不道徳な香り 






風が匂いを運んでくる。僕が大嫌いで仕方ない、あの匂い。
「ピッカ!!」
「ああ、わかってる」
僕は顔をしかめて頷いた。別にピカチュウに非はないけれど、この匂いを嗅ぐと、どうしても不機嫌になってしまう。
目を閉じて耳を済ませば、ザリ、ザリと地面を踏みしめる音がした。近付いてくるその音が、僕をますます不快にさせる。

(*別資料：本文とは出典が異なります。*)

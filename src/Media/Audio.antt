-- ===== src/Media/Audio.antt =====
-- media/audio.go: an 8 kHz source, cut to whole frames and encoded once for each codec.
-- Samples are integers (int16), bytes numbers below 256. `Tone`, which computes a sine in floats,
-- is not here.
pub mod Reading
use xk6_sip.Common.{
  ℕ, zero, suc, ◌+◌, ◌-◌, ◌*◌, ◌/◌, ◌%◌, Bool, not, ◌&&◌, ◌||◌, Option, none, some, List, [], ◌∷◌,
  map, if◌then◌else◌, ltb, ◌==◌, length, take, drop, replicate,
}
use xk6_sip.Common.Int.{ℤ, pos, signed16}
use xk6_sip.Common.Text.{Text, codes, text_eq}
use xk6_sip.Common.Bytes.{le16_at, le32_at}
use xk6_sip.Media.Codec.{Codec, frame_samples, sample_rate}

pub record Audio : Type 0 where
  pub pcm : List ℤ
  pub enc : List (Text × List ℕ)  -- the cache, by codec name

unfoldable pub new_audio : List ℤ → Audio
new_audio pcm =
    let n = length pcm / frame_samples * frame_samples in
    record { pcm = if ltb 0 n then take n pcm else replicate frame_samples (pos 0); enc = [] }

unfoldable pub silence : Audio
unfolding new_audio
silence = new_audio (replicate frame_samples (pos 0))

unfoldable pub cached : Text → List (Text × List ℕ) → Option (List ℕ)
cached name [] = none
cached name ((k, b) ∷ rest) = if text_eq k name then some b else cached name rest

add_encoded : Audio → Codec → Option (List ℕ) → List ℕ × Audio
add_encoded a c (some b) = (b, a)
add_encoded a c none = let b = map c.encode a.pcm in (b, record a { enc = (c.name, b) ∷ a.enc })

-- The encoded source, and the source with its cache.
unfoldable pub encoded : Audio → Codec → List ℕ × Audio
unfolding cached add_encoded
encoded a c = add_encoded a c (cached c.name a.enc)

-- The fmt chunk: format, channels, rate and bits.
pub record WavFormat : Type 0 where
  pub format : ℕ
  pub channels : ℕ
  pub rate : ℕ
  pub bits : ℕ

pub data Wav : Type 0 where
  wav : Audio → Wav
  not_riff short_fmt data_before_fmt no_data out_of_fuel : Wav
  wrong_format : WavFormat → Wav

read_format : List ℕ → WavFormat
read_format body = record {
  format = le16_at body 0;
  channels = le16_at body 2;
  rate = le32_at body 4;
  bits = le16_at body 14;
}

read_samples : List ℕ → List ℤ
read_samples [] = []
read_samples (a ∷ []) = []
read_samples (a ∷ b ∷ bytes) = signed16 (a + b * 256) ∷ read_samples bytes

is_pcm : WavFormat → Bool
is_pcm f = f.format == 1 && f.bits == 16 && f.channels == 1 && f.rate == sample_rate

unfoldable pub data_chunk : Option WavFormat → List ℕ → Wav
unfolding is_pcm read_samples new_audio
data_chunk none body = data_before_fmt
data_chunk (some f) body = if is_pcm f then wav (new_audio (read_samples body)) else wrong_format f

-- The loop over the chunks, on what is left of the file behind `p`; `f` is the fmt chunk read.
unfoldable pub read_chunks : ℕ → Option WavFormat → List ℕ → Wav
unfolding read_format data_chunk
read_chunks zero f rest = out_of_fuel
read_chunks (suc fuel) f rest =
    let size =
      (if ltb (length rest - 8) (le32_at rest 4) then length rest - 8 else le32_at rest 4) in
    let body = take size (drop 8 rest) in
    let is_fmt = text_eq (take 4 rest) (codes "fmt ") in
    let next =
      read_chunks fuel (if is_fmt then some (read_format body) else f)
        (drop (8 + size + size % 2) rest) in
    if ltb (length rest) 8
    then no_data
    else if is_fmt
    then (if ltb size 16 then short_fmt else next)
    else if text_eq (take 4 rest) (codes "data")
    then data_chunk f body
    else next

-- `ParseWAV`. Each round takes 8 bytes at least, so the length of the file is fuel enough.
unfoldable pub parse_wav : List ℕ → Wav
unfolding read_chunks
parse_wav bytes =
    if ltb (length bytes) 12
      || not (text_eq (take 4 bytes) (codes "RIFF"))
      || not (text_eq (take 4 (drop 8 bytes)) (codes "WAVE"))
    then not_riff
    else read_chunks (suc (length bytes)) none (drop 12 bytes)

やがてその足音は途絶え、僕は目を開けた。そこには、不敵に笑うグリーンの姿。僕は思いっきり眉間に皺を寄せる。
「よっ、レッド。元気かぁ?」
「…」
グリーンの問いかけに、そっぽを向く。口なんか利きたくもなかった。
「何だよ、その態度。そうつれなくすんなって」
グリーンは気にした素振りもなく、洞窟の中に入ってきた。あの嫌な匂いも一緒だ。足元のピカチュウも、少し嫌そうな顔をしていた。
「やめろ、来るな」
「酷ぇなぁ。せっかく、会いに来てやったのに」
僕は言葉で抵抗するけど、グリーンは無視して僕に近付いてくる。そして、いきなり僕を抱き締めた。
「!!」
大嫌いな匂いが、僕の鼻孔を突き抜けていく。グリーンがつけている香水と整髪料と、その他人工物特有の嫌な匂い。

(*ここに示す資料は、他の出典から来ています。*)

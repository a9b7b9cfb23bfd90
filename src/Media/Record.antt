-- ===== src/Media/Record.antt =====
-- media/record.go: the two tracks of a recording, and the WAV file that is written of them.
-- The position of the clock on the timeline (`recorder.at`, a product of floats) is an argument.
pub mod Placement
use xk6_sip.Common.{
  ℕ, zero, suc, ◌+◌, ◌-◌, ◌*◌, Bool, true, not, ◌||◌, Option, none, some, List, [], ◌∷◌, ◌++◌, map,
  if◌then◌else◌, ltb, ◌==◌, length, set, replicate, max, get_or,
}
use xk6_sip.Common.Int.{ℤ, pos, negsuc, ◌+ℤ◌, signed32, pattern16}
use xk6_sip.Common.Text.{codes}
use xk6_sip.Common.Bytes.{sub32, le16, le32}
use xk6_sip.Media.Codec.{sample_rate}

abbrev pub max_record_samples : ℕ
max_record_samples = 15 * 60 * sample_rate

pub record Track : Type 0 where
  pub init : Bool
  pub ssrc : ℕ  -- uint32
  pub ts0 : ℕ  -- uint32
  pub off0 : ℕ
  pub samples : List ℤ

pub record Recorder : Type 0 where
  pub rx : Track
  pub tx : Track

abbrev pub new_track : Track
new_track = record { init = Bool.false; ssrc = 0; ts0 = 0; off0 = 0; samples = [] }

abbrev pub new_recorder : Recorder
new_recorder = record { rx = new_track; tx = new_track }

-- The loop that stores a payload: one write for each sample.
unfoldable pub overwrite : List ℤ → ℕ → List ℤ → List ℤ
overwrite samples at [] = samples
overwrite samples at (x ∷ xs) = overwrite (set samples at x) (at + 1) xs

-- Silence up to a length.
unfoldable pub pad : ℕ → List ℤ → List ℤ
pad need samples = samples ++ replicate (need - length samples) (pos 0)

unfoldable pub put_at : Track → ℤ → List ℤ → Track
unfolding overwrite pad
put_at t (negsuc n) xs = t
put_at t (pos at) xs =
    if ltb max_record_samples (at + length xs)
    then t
    else record t { samples = overwrite (pad (at + length xs) t.samples) at xs }

unfoldable pub anchor : Track → ℕ → ℕ → ℕ → Track
anchor t now ssrc ts =
    if not t.init || not (ssrc == t.ssrc)
    then record t { init = true; ssrc = ssrc; ts0 = ts; off0 = now }
    else t

-- Where a frame goes: the distance of its timestamp from the first one, as an int32.
unfoldable pub position : Track → ℕ → ℤ
position t ts = pos t.off0 +ℤ signed32 (sub32 ts t.ts0)

unfoldable pub put : Track → ℕ → ℕ → ℕ → List ℕ → (ℕ → ℤ) → Track
unfolding put_at anchor position
put t now ssrc ts payload table =
    let t' = anchor t now ssrc ts in put_at t' (position t' ts) (map table payload)

pub record Recording : Type 0 where
  pub heard : List ℤ
  pub sent : List ℤ

unfoldable pub recording : Option Recorder → Option Recording
recording none = none
recording (some r) = some (record { heard = r.rx.samples; sent = r.tx.samples })

-- The loop over the `n` frames of the file from frame `i` on; the shorter track is padded.
frames : Recording → ℕ → ℕ → List ℕ
frames r i zero = []
frames r i (suc n) =
    le16 (pattern16 (get_or r.heard i (pos 0)))
    ++ le16 (pattern16 (get_or r.sent i (pos 0)))
    ++ frames r (i + 1) n

wav_header : ℕ → List ℕ
wav_header n =
    codes "RIFF"
    ++ (le32 (36 + 4 * n)
        ++ (codes "WAVEfmt "
            ++ (le32 16
                ++ (le16 1
                    ++ (le16 2
                        ++ (le32 sample_rate
                            ++ (le32 (sample_rate * 4)
                                ++ (le16 4 ++ (le16 16 ++ (codes "data" ++ le32 (4 * n)))))))))))

-- `WriteWAV`: the bytes that are handed to the writer.
unfoldable pub write_wav : Recording → List ℕ
unfolding frames wav_header
write_wav r = let n = max (length r.heard) (length r.sent) in wav_header n ++ frames r 0 n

「…臭い。香水もワックスも、つけてくるなって言ったよね?野生ポケモンが逃げるから」
「いーじゃん。その方が好都合だし」
グリーンは気にも留めない。何が好都合なんだと胸中で毒づく。
不意に、甘ったるい香りが僕の嗅覚に引っかかった。これは女物の香水の匂いだろう。僕は眉間に皺を寄せたまま、グリーンを咎めた。
「グリーン。遊ぶのも程々にしなよ」
「あ?」
「惚けるな。…よりによって、グリーンなんかに惚れるなんて、可哀想な(ひと)だね」
僕の指摘に、グリーンはあどけない笑みを見せた。
「おまえ、すげぇな。ポケモンかよ。仙人にでもなるつもりか?」
「話を逸らすな」
「大丈夫だって。オレが好きなのは、おまえだけだから」
「………」
僕は閉口した。グリーンは笑っている。よくもまあ、そんなことが言える。
「あ、そうだ。これ、当分の食料と薬な」
グリーンがトートバッグを差し出す。中には、食料品やポケモン用の薬などがあった。衣類も数着ある。僕は顔を顰める。

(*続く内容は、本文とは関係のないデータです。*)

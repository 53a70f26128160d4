-- ===== src/Lib.antt =====
-- rpress is a server library for HTTP/1.1 and HTTP/2 with a Socket.IO server beside it, and a
-- client for that. This library models its core: the functions of engine/src that turn bytes into
-- requests, requests into responses and responses into bytes, and of rpress-client/src, each
-- translated clause by clause, with the theorems that make it right.
--
-- How the parts stand together. The server (`run_server` of engine/src/lib.rs, Server/Listener)
-- takes permits for the sockets that come in, asks the rate limiter about their addresses, and runs
-- a task for each connection; what happens to it is a list of happenings in any order. The ways to
-- launch it and the configuration of TLS (engine/src/core/tls.rs) are in Server/Listener/Launch. A
-- connection (`handle_h1_connection` of engine/src/lib.rs, Server/Connection) collects bytes in a
-- buffer, and streams a long body to its handler; in a loop over the buffer (Server/Requests) the
-- request parser (engine/src/core/request.rs, Request) takes a head and its body, or a frame of
-- chunks, off it. A connection of HTTP/2 has streams (engine/src/core/h2_handler.rs, Server/H2),
-- each with one request and one answer. The server's state and setters are in Server/App, those of
-- a group of routes in Server/Group, the answers in Server/Send. `resolve_route`
-- (engine/src/lib.rs, Server/Dispatch) answers preflight requests, looks up the path and the method
-- in the routing trie (engine/src/core/routes.rs, Routes), which `initialize_routes` filled, and
-- runs the handler with the middleware around it, or gives a static file away (Server/Static). The
-- payload (engine/src/core/handler_response.rs, Payload) gets the headers of the CORS and security
-- configurations (engine/src/core/cors.rs and security.rs, Cors, Security and Server/Headers), and
-- the response writer (engine/src/core/response.rs, Response) compresses and prints it. The rate
-- limiter (engine/src/core/rate_limiter.rs, RateLimiter) counts the requests of an address. The
-- tables of engine/src/types/definitions.rs are in Types.
--
-- The Socket.IO server is in SocketIo, and its code in engine/src/core/socketio. A request on its
-- path is answered by `handle_sio_request` (handler.rs, SocketIo/Server/Http) by its query
-- (transport.rs, SocketIo/Query); sessions (engine_io.rs, SocketIo/Sessions) buffer what their
-- clients poll, and the loop of a session and the reader of a WebSocket are steps in
-- SocketIo/Server/Loops. Engine.IO packets (engine_io.rs, SocketIo/EngineIo) carry Socket.IO
-- packets (socket_io.rs, SocketIo/Packet), on which SocketIo/Server/Handle lets clients in, runs
-- the handlers of events, and disconnects. The state of all this is `Io` (mod.rs and socket.rs,
-- SocketIo/Server), sockets join rooms (room.rs, SocketIo/Rooms), and what sockets send is in
-- SocketIo/Server/Emit. The adapter that passes broadcasts on to other nodes (redis_adapter.rs) is
-- SocketIo/Redis, the trait of both adapters (adapter.rs) SocketIo/Adapter; the server is modelled
-- with the adapter in memory, and over Redis in SocketIo/Cluster. An application sets it up by the
-- functions of SocketIo/Server/Setup. A client (rpress-client/src/client.rs) is SocketIo/Client, and the
-- WebSocket under it (rpress-client/src/transport.rs) SocketIo/Client/Transport; its packets
-- (rpress-client/src/socket_io.rs and engine_io.rs) are the same code as the server's.
--
-- How the code is written down. Functions keep their names; a helper stands for a part of a
-- function's body and is mapped to its lines. Texts and byte strings are lists of bytes (Common),
-- with the operations of the standard library that the code uses. A `HashMap` is an association
-- list whose order means nothing. A function that changes its object gives the new one back. A
-- `Result<Option<A>, E>` of the parser is an `Outcome`, in which a slice that panics has a value of
-- its own; elsewhere a panic is `none` or `false`, as the file says. Counters that may wrap do so
-- at their width, and `checked_add` fails at the limit of 64 bits.
--
-- Parameters. The compressors, the clock, the file system, `str::to_lowercase`, the matches of the
-- two regular expressions, serde, and the application's handlers and middleware are arguments of
-- the definitions that call them; handlers act on a world of any type, and a socket's channel is of
-- any type. JSON is an interface (SocketIo/Json). The handlers of the Socket.IO server act on its
-- own state, which names them, so that what a name does is a function beside it (`World`); a
-- theorem that needs something of a handler says so (`IsQuiet`). Fresh identifiers are a function
-- of how many have been drawn, and the time is a number in the state.
--
-- Steps. The connection, the session loop and the WebSocket reader each do one step for each thing
-- that the network or the clock gives them; a step runs to its end, with the handlers it calls.
-- The program can interleave the steps of several connections at each wait; that is modelled as an
-- order of whole steps, any order in Server/Listener. The streams of a connection of HTTP/2 are
-- taken one after the other. After a timeout or an error of the network the wait of a client ends
-- with the packets that have come. The handler of a streamed request ends when its body has been
-- read to the end, or before that at an event of its own. A channel takes what is sent, without
-- its bound of 64 packets.
--
-- Fuel. The loop over the buffer of a connection runs on the number of its bytes and one; where
-- the source loops without end the result is the end `exhausted`, which is a state of its own. The
-- loop over chunks runs on the number of the buffer's bytes and one: every round but the last
-- takes more than one byte, and running out, which does not happen, would be the value of a panic.
-- Splitting a text and trimming it run on its length likewise. Printing a number runs on the
-- number's successor.
--
-- Not modelled: what rustls does with certificates and in a handshake, of which the protocol that
-- it settles on is an event; the frames of HTTP/2, of which the h2 crate gives requests; logging
-- and metrics; Redis itself; writes that fail, but for the client's; timers, which are events;
-- an adapter that an application writes itself; `body_json`, which only calls serde; the packets of
-- the client's crate, which are the server's code once more; the demonstration application and the
-- benchmarks, which only use the library.
pub mod Common
pub mod Types
pub mod Routes
pub mod Request
pub mod Payload
pub mod Response
pub mod Cors
pub mod Security
pub mod Server
pub mod RateLimiter
pub mod SocketIo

人工物なんて嫌いだ。生活に必要最低限のものは仕方ないけど、それ以外のものには触れたくないし、見たくもない。
なのに、何度拒否しても、グリーンは食料を届けに来るし、香水や整髪料も使うのも止めない。本当に、本当に、最悪な奴だ。
「グリーンも、グリーンの匂いも、大嫌いだ」
鼻をくすぐるグリーンの匂いに、僕はそう言った。グリーンがまた笑う。
「おまえって、本当に素直じゃないのな」
余裕綽々といった様子の笑顔。その笑みがやけにムカついたから、僕はグリーンの唇に噛みついてやった。







不道徳な香り
(香水ワックス
匂い)









▼twitterの某ボットに触発されて。グリレも嫌いじゃないです。